■ Work task: Answer with the exact lines of the following material from the one containing "abbrev pub ltb_ℤ : ℤ → ℤ → Bool" through the one containing "unfoldable pub minus : ℤ → ℤ → ℤ", both end lines included.
Segment Start: Exercise inputs
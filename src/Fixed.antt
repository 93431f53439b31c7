-- ===== src/Fixed.antt =====
-- apps/raytracer/raytracer.h: integers of 16.16 fixed point. An `int` is an integer in its range; `none` stands for what C leaves
-- undefined: a sum of `int` or a 64-bit product that overflows, and a division by 0. A conversion to `int` wraps, and `>>` of
-- a negative number rounds down, as the compiler does both.
use hydra_microkernal.Prelude.{
  ℕ, suc, ◌+◌, ◌-◌, ◌*◌, ◌/◌, Bool, Option, none, some, ℤ, pos, negsuc, pos_part, ltb, leb, ◌==◌,
  if◌then◌else◌,
}

abbrev pub neg_part : ℤ → ℕ
neg_part (pos n) = 0
neg_part (negsuc n) = suc n

-- a - b, as an integer.
abbrev pub sub_ℕ : ℕ → ℕ → ℤ
sub_ℕ a b = if leb b a then pos (a - b) else negsuc (b - a - 1)

abbrev pub ltb_ℤ : ℤ → ℤ → Bool
ltb_ℤ a b = ltb (pos_part a + neg_part b) (pos_part b + neg_part a)

unfoldable pub plus : ℤ → ℤ → ℤ
plus a b = sub_ℕ (pos_part a + pos_part b) (neg_part a + neg_part b)

unfoldable pub minus : ℤ → ℤ → ℤ
minus a b = sub_ℕ (pos_part a + neg_part b) (neg_part a + pos_part b)

unfoldable pub times : ℤ → ℤ → ℤ
times a b =
    sub_ℕ (pos_part a * pos_part b + neg_part a * neg_part b)
      (pos_part a * neg_part b + neg_part a * pos_part b)

-- The integer in a signed type of values below `m`.
abbrev pub checked : ℕ → ℤ → Option ℤ
checked m (pos n) = if ltb n m then some (pos n) else none
checked m (negsuc n) = if ltb n m then some (negsuc n) else none

-- `a >> k`, with `m` for 2^k
abbrev pub shifted : ℕ → ℤ → ℤ
shifted m (pos n) = pos (n / m)
shifted m (negsuc n) = negsuc (n / m)

-- FIXED_MUL
abbrev pub fixed_mul : ℤ → ℤ → ℤ
fixed_mul a b = shifted 65536 (times a b)

-- The quotient of two integers, rounded towards 0.
abbrev pub quotient : ℤ → ℤ → ℤ
quotient a b =
    sub_ℕ (pos_part a / pos_part b + neg_part a / neg_part b)
      (pos_part a / neg_part b + neg_part a / pos_part b)

-- FIXED_DIV
abbrev pub fixed_div : ℤ → ℤ → Option ℤ
fixed_div a b =
    if pos_part b + neg_part b == 0 then none else some (quotient (times a (pos 65536)) b)

-- A sequence of computations that may be undefined.
infixl 20 ◌>>=◌
abbrev pub ◌>>=◌ {ℓ κ} : {A : Type ℓ} {B : Type κ} → Option A → (A → Option B) → Option B
none >>= f = none
some x >>= f = f x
Segment End: Exercise inputs
■ Response to this exercise:
abbrev pub ltb_ℤ : ℤ → ℤ → Bool
ltb_ℤ a b = ltb (pos_part a + neg_part b) (pos_part b + neg_part a)

unfoldable pub plus : ℤ → ℤ → ℤ
plus a b = sub_ℕ (pos_part a + pos_part b) (neg_part a + neg_part b)

unfoldable pub minus : ℤ → ℤ → ℤ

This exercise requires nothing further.